> [Description of the task]:
Search the data for the string "cons" and gather each line it is in.

Saved entries:
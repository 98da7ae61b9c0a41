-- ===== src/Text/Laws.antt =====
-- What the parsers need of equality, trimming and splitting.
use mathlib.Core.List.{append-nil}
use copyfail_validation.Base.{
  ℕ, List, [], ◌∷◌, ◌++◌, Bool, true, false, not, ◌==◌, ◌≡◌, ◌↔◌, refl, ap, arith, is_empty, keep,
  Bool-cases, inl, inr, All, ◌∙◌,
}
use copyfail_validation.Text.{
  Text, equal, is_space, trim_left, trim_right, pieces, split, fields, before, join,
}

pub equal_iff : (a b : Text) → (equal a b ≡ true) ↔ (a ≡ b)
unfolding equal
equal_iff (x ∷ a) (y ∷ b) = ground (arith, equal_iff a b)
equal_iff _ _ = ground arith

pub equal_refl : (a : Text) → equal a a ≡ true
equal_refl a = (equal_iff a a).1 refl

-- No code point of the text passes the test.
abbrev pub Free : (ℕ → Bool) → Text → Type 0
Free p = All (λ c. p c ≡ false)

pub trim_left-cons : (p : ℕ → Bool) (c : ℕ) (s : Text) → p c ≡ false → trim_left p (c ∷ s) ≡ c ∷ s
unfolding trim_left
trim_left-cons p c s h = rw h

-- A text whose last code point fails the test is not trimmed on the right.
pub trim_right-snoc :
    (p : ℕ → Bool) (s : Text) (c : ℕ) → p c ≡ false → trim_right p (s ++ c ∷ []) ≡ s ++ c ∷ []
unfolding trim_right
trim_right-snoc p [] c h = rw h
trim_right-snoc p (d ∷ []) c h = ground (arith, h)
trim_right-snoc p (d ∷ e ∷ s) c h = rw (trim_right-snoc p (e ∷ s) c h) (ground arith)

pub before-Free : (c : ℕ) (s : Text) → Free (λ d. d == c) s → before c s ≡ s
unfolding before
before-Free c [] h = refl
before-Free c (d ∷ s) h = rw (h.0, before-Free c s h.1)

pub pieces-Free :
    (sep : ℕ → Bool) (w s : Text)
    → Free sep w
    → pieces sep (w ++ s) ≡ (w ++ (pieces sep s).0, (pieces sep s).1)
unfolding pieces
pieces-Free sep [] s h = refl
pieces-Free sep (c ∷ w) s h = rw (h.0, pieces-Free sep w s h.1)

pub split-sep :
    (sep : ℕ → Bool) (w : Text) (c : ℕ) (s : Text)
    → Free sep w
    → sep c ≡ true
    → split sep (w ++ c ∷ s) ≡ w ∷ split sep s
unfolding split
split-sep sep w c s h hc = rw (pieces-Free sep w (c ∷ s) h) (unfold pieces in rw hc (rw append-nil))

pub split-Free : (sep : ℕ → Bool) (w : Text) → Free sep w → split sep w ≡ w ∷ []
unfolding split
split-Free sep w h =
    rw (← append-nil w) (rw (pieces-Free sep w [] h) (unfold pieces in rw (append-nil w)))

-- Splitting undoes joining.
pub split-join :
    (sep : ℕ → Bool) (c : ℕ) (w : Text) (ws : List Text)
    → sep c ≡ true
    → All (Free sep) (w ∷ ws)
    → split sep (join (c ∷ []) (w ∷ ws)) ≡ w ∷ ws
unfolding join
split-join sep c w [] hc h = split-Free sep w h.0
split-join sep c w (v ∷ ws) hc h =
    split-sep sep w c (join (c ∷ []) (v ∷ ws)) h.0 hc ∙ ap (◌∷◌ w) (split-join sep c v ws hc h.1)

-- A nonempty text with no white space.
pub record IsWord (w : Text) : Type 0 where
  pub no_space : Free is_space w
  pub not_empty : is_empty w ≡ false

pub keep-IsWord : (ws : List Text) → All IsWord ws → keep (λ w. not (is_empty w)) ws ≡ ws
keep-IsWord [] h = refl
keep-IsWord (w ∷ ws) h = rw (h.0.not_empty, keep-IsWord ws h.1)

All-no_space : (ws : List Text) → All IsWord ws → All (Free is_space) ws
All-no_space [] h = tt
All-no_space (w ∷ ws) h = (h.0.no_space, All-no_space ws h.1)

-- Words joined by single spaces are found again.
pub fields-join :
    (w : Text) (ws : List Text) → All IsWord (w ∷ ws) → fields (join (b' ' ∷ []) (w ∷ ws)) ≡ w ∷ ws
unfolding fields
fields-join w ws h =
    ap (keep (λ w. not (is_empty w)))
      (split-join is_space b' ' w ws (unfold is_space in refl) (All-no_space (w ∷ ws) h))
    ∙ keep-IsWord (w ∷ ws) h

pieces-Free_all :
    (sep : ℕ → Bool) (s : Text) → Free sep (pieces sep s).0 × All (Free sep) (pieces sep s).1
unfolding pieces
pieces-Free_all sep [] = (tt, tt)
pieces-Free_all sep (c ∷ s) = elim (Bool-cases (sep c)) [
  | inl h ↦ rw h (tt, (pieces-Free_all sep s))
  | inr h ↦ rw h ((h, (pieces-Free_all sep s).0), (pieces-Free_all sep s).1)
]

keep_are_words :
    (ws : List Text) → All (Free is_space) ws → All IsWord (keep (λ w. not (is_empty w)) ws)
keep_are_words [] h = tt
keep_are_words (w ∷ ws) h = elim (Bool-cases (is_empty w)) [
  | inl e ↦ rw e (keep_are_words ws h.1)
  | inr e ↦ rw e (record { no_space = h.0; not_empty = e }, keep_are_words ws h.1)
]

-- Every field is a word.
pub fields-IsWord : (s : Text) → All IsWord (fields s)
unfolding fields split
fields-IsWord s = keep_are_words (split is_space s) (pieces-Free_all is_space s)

> [Result]:
pub trim_left-cons : (p : ℕ → Bool) (c : ℕ) (s : Text) → p c ≡ false → trim_left p (c ∷ s) ≡ c ∷ s
trim_left-cons p c s h = rw h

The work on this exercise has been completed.